■ **INSTRUCTIONS FOR THE TASK**: From the first line of the data below, copy each line up to the one containing "-- The results", and include that line too.

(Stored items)
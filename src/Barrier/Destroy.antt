-- ===== src/Barrier/Destroy.antt =====
-- `my_barrier_destroy` of common_defs.h, and when it may be called.
use dv1580_a.Prelude.{
  ℕ, ◌<◌, ◌≡◌, refl, ap, Option, none, some, false, ◌==◌, if◌then◌else◌, Option-cases, inl, inr,
  arith,
}
use dv1580_a.Barrier.{outside, System, start_of, Reach}
use dv1580_a.Barrier.Tally.{waits, tally, tally-outside}
use dv1580_a.Barrier.Invariant.{Reach-Inv}

-- The results of the two functions that it calls are not read. Undefined, as POSIX has it, while a
-- thread holds the mutex or one of the `n` threads waits for the condition.
unfoldable pub my_barrier_destroy : ℕ → System → Option ℕ
my_barrier_destroy n s = elim s.barrier.mutex [
  | none ↦ if tally n s.threads == 0 then some 0 else none
  | some _ ↦ none
]

-- When none of the threads is in a wait, as after they are joined, `my_barrier_destroy` returns 0,
-- and all have made as many waits.
pub my_barrier_destroy-joined :
    {n : ℕ} {s : System}
    → 0 < n
    → Reach n false (start_of n) s
    → ((i : ℕ) → i < n → (s.threads i).pc ≡ outside)
    → (my_barrier_destroy n s ≡ some 0)
      × ((i j : ℕ) → i < n → j < n → (s.threads i).returns ≡ (s.threads j).returns)
unfolding my_barrier_destroy
my_barrier_destroy-joined {n} {s} pos r joined =
    let (g, v) = Reach-Inv pos r in
    let none_waits = tally-outside n s.threads (λ i lt. ap waits (joined i lt)) in
    (
      elim (Option-cases s.barrier.mutex) [
        | inl free ↦ rw (free, none_waits) refl
        | inr (i, held) ↦ let (lt, has) = v.held i held in absurd (ground (arith, joined i lt))
      ],
      λ i j lt_i lt_j.
          ground (arith, v.in_round i lt_i, v.in_round j lt_j, joined i lt_i, joined j lt_j),
    )
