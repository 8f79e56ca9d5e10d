-- ===== src/Barrier/Safety.antt =====
-- What threads can rely on at the barrier, and what a wake-up without a broadcast breaks.
use dv1580_a.Prelude.{
  ℕ, ◌+◌, ◌≤◌, ◌<◌, ◌≡◌, ◌≢◌, ◌⊎◌, refl, sym, ◌∙◌, true, false, Option, none, some, ◌==◌,
  Bool-cases, inl, inr, arith,
}
use dv1580_a.Machine.{write}
use dv1580_a.Barrier.{
  Pc, outside, inside, waiting, woken, leaving, Thread, System, arrive, Step, lock, last, wait,
  wake_up, relock, unlock, start_of, Reach, here, next,
}
use dv1580_a.Barrier.Tally.{waits, tally, tally-zero, not_all_wait}
use dv1580_a.Barrier.Invariant.{holds, InRound, Reach-Inv}

InRound-bounds :
    (g : ℕ) (t : Thread) (p : Pc)
    → InRound g t p
    → (t.returns ≤ g) × (g ≤ t.arrivals) × (t.arrivals ≤ g + 1)
InRound-bounds g t outside f = omega arith
InRound-bounds g t _ f = omega arith

mutex_cases : (m : Option ℕ) → (m ≡ none) ⊎ ((i : ℕ) × (m ≡ some i))
mutex_cases none = inl refl
mutex_cases (some i) = inr (i, refl)

none_ne_some : (i : ℕ) → none ≢ some i
none_ne_some i e = cc

-- A thread with the mutex can go on.
holder_step :
    {n : ℕ} (s : System) (i : ℕ) (p : Pc)
    → i < n
    → (s.threads i).pc ≡ p
    → holds p ≡ true
    → (t : System) × Step n false s t
holder_step s i inside lt stands h = elim (Bool-cases (arrive s.barrier).1) [
  | inl is_last ↦ (_, last i lt stands is_last)
  | inr more ↦ (_, wait i lt stands more)
]
holder_step s i leaving lt stands h = (_, unlock i lt stands)
holder_step s i outside lt stands h = cc
holder_step s i waiting lt stands h = cc
holder_step s i woken lt stands h = cc

-- So can one that wants the mutex, where it is free.
free_step :
    {n : ℕ} (s : System) (i : ℕ) (p : Pc)
    → i < n
    → s.barrier.mutex ≡ none
    → (holds p ≡ true → s.barrier.mutex ≡ some i)
    → (s.threads i).pc ≡ p
    → waits p ≡ 0
    → (t : System) × Step n false s t
free_step s i outside lt free owner stands w = (_, lock i lt stands free)
free_step s i woken lt free owner stands w = (_, relock i lt stands free)
free_step s i inside lt free owner stands w = absurd (none_ne_some i (sym free ∙ owner refl))
free_step s i leaving lt free owner stands w = absurd (none_ne_some i (sym free ∙ owner refl))
free_step s i waiting lt free owner stands w = absurd (omega arith)

module _ {n : ℕ} {s : System} (pos : 0 < n) (r : Reach n false (start_of n) s) where
  -- With as many threads as the barrier expects, and no wake-up without a broadcast: no thread's
  -- `k`-th wait returns before every thread has begun its `k`-th wait, and no thread is more than
  -- one round ahead.
  pub returns-le-arrivals :
      (i j : ℕ)
      → i < n
      → j < n
      → ((s.threads i).returns ≤ (s.threads j).arrivals)
        × ((s.threads i).arrivals ≤ (s.threads j).arrivals + 1)
  returns-le-arrivals i j lt_i lt_j =
      let (g, v) = Reach-Inv pos r in
      omega (
        arith,
        InRound-bounds g (s.threads i) (s.threads i).pc (v.in_round i lt_i),
        InRound-bounds g (s.threads j) (s.threads j).pc (v.in_round j lt_j),
      )

  -- With as many threads as the barrier expects, and no wake-up without a broadcast: some thread
  -- can always take its next step.
  pub no_deadlock : (t : System) × Step n false s t
  no_deadlock =
      let (g, v) = Reach-Inv pos r in
      elim (mutex_cases s.barrier.mutex) [
        | inl free ↦
            let (i, lt, not_waiting) =
              not_all_wait n s.threads (ground (arith, v.counted, v.low)) in
            free_step s i (s.threads i).pc lt free (v.owner i) refl not_waiting
        | inr (i, held) ↦ holder_step s i (s.threads i).pc (v.held i held).0 refl (v.held i held).1
      ]

-- A wake-up without a broadcast lets a thread through: `pthread_cond_wait` stands in no loop. The
-- first thread returns where the second has not arrived, and the barrier counts an arrival of a
-- thread that no longer waits. Two threads or more take part.
pub early_return :
    (n : ℕ)
    → 2 ≤ n
    → (s : System) × Reach n true (start_of n) s
      × ((s.threads 0).returns ≡ 1)
      × ((s.threads 1).arrivals ≡ 0)
      × (s.barrier.count ≡ 1)
      × (tally n s.threads ≡ 0)
unfolding arrive write
early_return n two =
    let more : (1 == n) ≡ false = ground arith in
    let pos : 0 < n = omega arith in
    (
      _,
      next
          (next
            (next (next (next here (lock 0 pos refl refl)) (wait 0 pos refl (rw more refl)))
              (wake_up 0 pos refl refl))
            (relock 0 pos refl refl))
          (unlock 0 pos refl),
      refl,
      refl,
      rw more refl,
      tally-zero n _ (λ i. ground arith),
    )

■ **RESPONSE BOX**:
filename src/Barrier/Destroy.antt
-- ===== src/Barrier/Destroy.antt =====
-- `my_barrier_destroy` of common_defs.h, and when it may be called.
use dv1580_a.Prelude.{
  ℕ, ◌<◌, ◌≡◌, refl, ap, Option, none, some, false, ◌==◌, if◌then◌else◌, Option-cases, inl, inr,
  arith,
}
use dv1580_a.Barrier.{outside, System, start_of, Reach}
use dv1580_a.Barrier.Tally.{waits, tally, tally-outside}
use dv1580_a.Barrier.Invariant.{Reach-Inv}

-- The results of the two functions that it calls are not read. Undefined, as POSIX has it, while a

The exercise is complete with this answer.